Hopefully, you’re nice enough to start coding your own open-source framework on the side because you’ll live this same situation in your next 100 coding projects, and you have other clients who will be in the same situation soon, and this sh** is critical.

Well, that’s out of shared need that Neuraxle was created.

Solution: Use a Chain of Savers in each Step

Each step is responsible for saving itself, and you should define one or many custom saver objects for your weird object. The saver should:

  1. Save what’s important in the step using a Saver (See: Saver )

  2. Delete that from the step (to make it serializable). The step is now stripped by the Saver.

  3. Then the default JoblibStepSaver will execute (in chain) past that point by saving all what’s left of the stripped object and deleting the object from your code’s RAM. This means you can have many partial savers before the final default JoblibStepSaver .

For instance, a Pipeline will do the following upon having the save() method called, as it has its own TruncableJoblibStepSaver :

  1. Save all its substeps in relative subfolders to the pipeline’s serialization’s subfolder

  2. Delete them from the pipeline object, except for their names to find them later when loading. The pipeline is now stripped.

  3. Let the default saver save the stripped pipeline.

You don’t want to do dirty code. Don’t break the Law of Demeter, they say. This is one of the most important (and easily overlooked) laws of programming, in my opinion. Google it, I dare you. Breaking this law is the root of most evil in your codebase.

I’ve come to the conclusion that the neatest way to not break this law here is by having a chain of Savers. It makes each object responsible for having special savers if it isn’t serializable with joblib. Neat.

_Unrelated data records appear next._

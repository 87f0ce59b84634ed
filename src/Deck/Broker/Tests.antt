-- ===== src/Deck/Broker/Tests.antt =====
-- opencode-deck/opencode-deck/ocdeck/broker.py: concrete requests and presses, and the instances of
-- the theorems at them.
use home_ailab.Prelude.{
  ℕ, ◌≡◌, refl, inr, String, true, false, Option, none, some, List, [], ◌∷◌, Result, ok, raise,
  lookup, insert, keys, values, pos, negsuc, text_take, text_drop,
}
use home_ailab.Deck.Agents.{Agent, new_registry}
use home_ailab.Deck.Registry.{upsert, snapshot}
use home_ailab.Deck.Registry.Removing.{remove, sweep}
use home_ailab.Deck.Registry.Views.{view, resolve}
use home_ailab.Deck.Broker.{
  Broker, Press, Focus, Machine, check_press, record_press, handle_press, press_key, serve_round,
  put_press,
}
use home_ailab.Deck.Broker.Requests.{
  Body, Message, Response, Payload, unquote, dispatch, handle_request,
}
use home_ailab.Deck.Broker.Guards.{Allowed, handle_request-Allowed}
use home_ailab.Deck.Broker.Debounce.{Step, trace, IsSpaced, trace-IsSpaced}

program : Unit {0}
unfolding new_registry upsert snapshot remove sweep view resolve lookup insert keys values text_take
    text_drop check_press record_press handle_press press_key serve_round dispatch handle_request
    unquote trace put_press
program = tt

-- every process lives, every window comes to the front
abbrev machine : ℕ → Machine
machine now = record {
  probe = λ p. some true;
  activate = λ a. record { success = true; reason = "activated" };
  now = now;
  time = now;
}

abbrev press_of : ℕ → String → Press
press_of i key = record { slot = some (pos i); generation = some 1; id = some key }

abbrev no_body : Body
no_body = record {
  registration = record { id = none; process = none; label = none; window_token = none };
  snapshot = record { status = none; seq = none; producer = none; pending = none; detail = none };
  press = record { slot = none; generation = none; id = none };
}

abbrev enrolment : Body
enrolment = record no_body {
  registration = record {
    id = some "a";
    process = some (record { pid = pos 7; created = 100 });
    label = none;
    window_token = none;
  };
}

abbrev empty_broker : Broker
empty_broker = record {
  registry = new_registry;
  stopping = false;
  presses = [];
  last_focus = none;
  last_press = [];
}

abbrev request : Message
request = record {
  method = "POST";
  path = "/v1/register";
  origin = none;
  authorization = some "Bearer 5ecret";
  content_length = some (pos 80);
  received = 80;
  payload = Payload.object enrolment;
}

abbrev answered : Broker × Response
answered = handle_request (machine 1000) 10000 "5ecret" no_body request empty_broker

accepted : answered.1.code ≡ 200
unfolding program
accepted = refl

-- a request of a web page is refused
foreign :
    (handle_request
      (machine 1000)
      10000
      "5ecret"
      no_body
      (record request { origin = some "http://evil.test" })
      empty_broker).1.code
    ≡ 403
unfolding program
foreign = refl

escapes : unquote "chat%201%2F2" ≡ "chat 1/2"
unfolding program
escapes = refl

handle_request-Allowed_example : Allowed "5ecret" request
handle_request-Allowed_example =
    handle_request-Allowed (machine 1000) 10000 "5ecret" no_body request empty_broker (inr accepted)

-- three presses of one key, one after the other: the second one is too soon
abbrev presses : List Step
presses =
    Step.check (machine 2000) (press_of 0 "a") false
    ∷ Step.finish 0
    ∷ Step.check (machine 2100) (press_of 0 "a") false
    ∷ Step.finish 0
    ∷ Step.check (machine 2200) (press_of 0 "a") true
    ∷ Step.finish 0
    ∷ []

activations : trace presses [] answered.0 ≡ ("a", 2000) ∷ ("a", 2200) ∷ []
unfolding program
activations = refl

trace-IsSpaced_example : IsSpaced (trace presses [] answered.0)
trace-IsSpaced_example = trace-IsSpaced presses answered.0 tt

-- the agent that the request has registered
abbrev pressed : Agent
pressed = record {
  id = "a";
  process = record { pid = pos 7; created = 100 };
  slot = some 0;
  label = "OpenCode";
  window_token = "";
  seq = negsuc 0;
  producer = none;
  retired = [];
  status = "unknown";
  pending = 0;
  last_state = 0;
  last_seen = 1000;
  detail = "Connecting";
}

abbrev focus_id : Option Focus → Option String
focus_id none = none
focus_id (some f) = some f.id

abbrev focused_id : Result (Broker × ℕ) → Option String
focused_id (raise e) = none
focused_id (ok r) = focus_id r.0.last_focus

-- a device's press enters the queue, and the round of the loop handles it
served :
    focused_id (
      serve_round (machine 3000) 0 (press_key (pos 0) true (some (press_of 0 "a") ∷ []) answered.0))
    ≡ some "a"
unfolding program
served = refl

So just when things break, you have the option of creating your own serializer just for the object that breaks, this way you won’t need to break encapsulation at save-time to dig into your objects manually, which would break the Law of Demeter.

Note that the savers also need to be able to reload the object when loading the save, too. We already wrote a TensorFlow Neuraxle saver which will soon be released (or which may be already released as of reading).

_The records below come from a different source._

-- ===== src/Deck/Registry/Placing.antt =====
-- opencode-deck/opencode-deck/ocdeck/model.py, class Registry: the invariant of the slots, and how the
-- generations tell that a slot changed hands.
use home_ailab.Prelude.{
  ℕ, zero, suc, ◌+◌, ◌≤◌, ◌≡◌, ◌≢◌, refl, ◌∙◌, String, true, Option, none, some, List, [], ◌∷◌, ok,
  lookup, has, keys, length, get_elem?, set, get_elem?-set, get_elem?-some, lt-length, arith,
  IsUnique, replicate,
}
use home_ailab.Deck.Agents.{Agent, Registry, slot_count, new_registry}
use home_ailab.Deck.Registry.{first_free, take_slot}
use home_ailab.Deck.Registry.Removing.{slot_of}

-- the slot that the agent of a key has
abbrev pub slot_at : String → Registry → Option ℕ
slot_at k r = slot_of (lookup k r.records)

-- The slots and the agents' slots are inverse to each other.
pub record IsPlaced (r : Registry) : Type 0 where
  pub slots : length r.slots ≡ slot_count
  pub generations : length r.generations ≡ slot_count
  pub unique : IsUnique (keys r.records)
  pub named : (k : String) (a : Agent) → lookup k r.records ≡ some a → a.id ≡ k
  pub held : (i : ℕ) (k : String) → get_elem? r.slots i ≡ some (some k) → slot_at k r ≡ some i
  pub placed : (k : String) (i : ℕ) → slot_at k r ≡ some i → get_elem? r.slots i ≡ some (some k)

-- No slot is free.
abbrev pub IsFull : Registry → Type 0
IsFull r = (i : ℕ) → get_elem? r.slots i ≢ some none

-- An agent waits only while all slots are taken.
abbrev pub NoneWaits : Registry → Type 0
NoneWaits r = (k : String) → has k r.records ≡ true → slot_at k r ≡ none → IsFull r

pub record IsValid (r : Registry) : Type 0 where
  pub places : IsPlaced r
  pub waits : NoneWaits r

abbrev pub or_zero : Option ℕ → ℕ
or_zero none = 0
or_zero (some n) = n

abbrev pub generation_at : ℕ → Registry → ℕ
generation_at i r = or_zero (get_elem? r.generations i)

-- A slot whose generation is the same has the same occupant, and no generation goes back.
abbrev pub Aged : Registry → Registry → Type 0
Aged r q =
    (i : ℕ)
    → (generation_at i r ≤ generation_at i q)
      × (generation_at i r ≡ generation_at i q → get_elem? q.slots i ≡ get_elem? r.slots i)

pub Aged-refl : (r : Registry) → Aged r r
Aged-refl r i = (omega arith, λ e. refl)

pub Aged-trans : (r q s : Registry) → Aged r q → Aged q s → Aged r s
Aged-trans r q s f g i = (
  omega (arith, (f i).0, (g i).0),
  λ e. (g i).1 (omega (arith, e, (f i).0, (g i).0)) ∙ (f i).1 (omega (arith, e, (f i).0, (g i).0)),
)

-- what the search for a free slot finds
abbrev pub Found : List (Option String) → ℕ → Option ℕ → Type 0
Found slots n none = (i : ℕ) → get_elem? slots i ≢ some none
Found slots n (some k) = (i : ℕ) × ((k ≡ n + i) × (get_elem? slots i ≡ some none))

not_first :
    (k : String) (slots : List (Option String))
    → ((i : ℕ) → get_elem? slots i ≢ some none)
    → (i : ℕ) → get_elem? (some k ∷ slots) i ≢ some none
not_first k slots f zero e = cc
not_first k slots f (suc i) e = f i e

pub first_free-Found : (n : ℕ) (slots : List (Option String)) → Found slots n (first_free n slots)
unfolding first_free
first_free-Found n [] = λ i e. cc
first_free-Found n (none ∷ slots) = (0, (omega arith, refl))
first_free-Found n (some k ∷ slots) =
    later (first_free (n + 1) slots) (first_free-Found (n + 1) slots)
  where
    later : (o : Option ℕ) → Found slots (n + 1) o → Found (some k ∷ slots) n o
    later none f = not_first k slots f
    later (some j) (i, (at, free)) = (suc i, (omega (arith, at), free))

-- what taking a free slot leaves
abbrev pub taken : String → ℕ → ℕ → Registry → Registry
taken key i g r = record r {
  generations = set r.generations i (g + 1);
  slots = set r.slots i (some key);
}

pub take_slot-taken :
    (key : String) (i : ℕ) (r : Registry)
    → IsPlaced r
    → get_elem? r.slots i ≡ some none
    → (g : ℕ) × ((get_elem? r.generations i ≡ some g) × (take_slot key i r ≡ ok (taken key i g r)))
unfolding take_slot
take_slot-taken key i r w free =
    let bound = lt-length r.slots i free in
    let (g, at) = get_elem?-some r.generations i (omega (arith, w.slots, w.generations, bound)) in
    (g, (at, ground arith))

pub taken-Aged :
    (key : String) (i g : ℕ) (r : Registry)
    → get_elem? r.slots i ≡ some none
    → get_elem? r.generations i ≡ some g
    → Aged r (taken key i g r)
taken-Aged key i g r free at j = (
  ground (arith, get_elem?-set r.generations i j (g + 1) at),
  λ e. ground (
    arith,
    get_elem?-set r.generations i j (g + 1) at,
    get_elem?-set r.slots i j (some key) free,
    e,
  ),
)

-- A new registry is valid.
none_free :
    (n i : ℕ) (k : String) → get_elem? (replicate {A = Option String} n none) i ≢ some (some k)
none_free zero i k e = cc
none_free (suc n) zero k e = cc
none_free (suc n) (suc i) k e = none_free n i k e

pub new_registry-IsValid : IsValid new_registry
unfolding new_registry lookup keys
new_registry-IsValid = record {
  places = record {
    slots = refl;
    generations = refl;
    unique = tt;
    named = λ k a e. cc;
    held = λ i k e. absurd (none_free slot_count i k e);
    placed = λ k i e. cc;
  };
  waits = λ k known none. cc;
}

TL;DR: You can call the save() method on any pipeline, and if some steps define a custom Saver, then the step will use that saver before using the default JoblibStepSaver.

About Cluster Computing and Parallelism in Python

This is known to be hard in Python. It is. We wouldn’t have written any of those Savers otherwise.

Well, for an object to be parallelizable in Python, it needs to be serializable. If using Neuraxle, this means you can serialize any objects to a folder or to RAM (e.g.: a folder mounted in RAM - a ramdisk) given that you have the proper saver for your unserializable object. To start a thread, you can save and reload the pipeline in the other thread.

Magic: this is the same for cluster computing. Suppose you have 5 computers. The master can dispatch a step of its pipeline to workers. Workers are listening over the network for the master’s orders. This means that the workers can receive any data folder and load it. This means that the workers can load and use any pipeline without having the full code of the project running : they just need the good versions of the library and to have started to listen to the master by running a command. And voilà: you’ve got parallel computing over Python by avoiding all of python’s limitations, and having to write a saver just for the step that fails to serialize.

Cluster computing (such as using a ClusteringWrapper ) is powerful for doing AutoML in parallel, or for processing quickly some jobs for your pipeline deployed in productions that needs to run fast (e.g.: splitting your matrix across many computers and having a step or sub-pipeline process the parts to then send them back).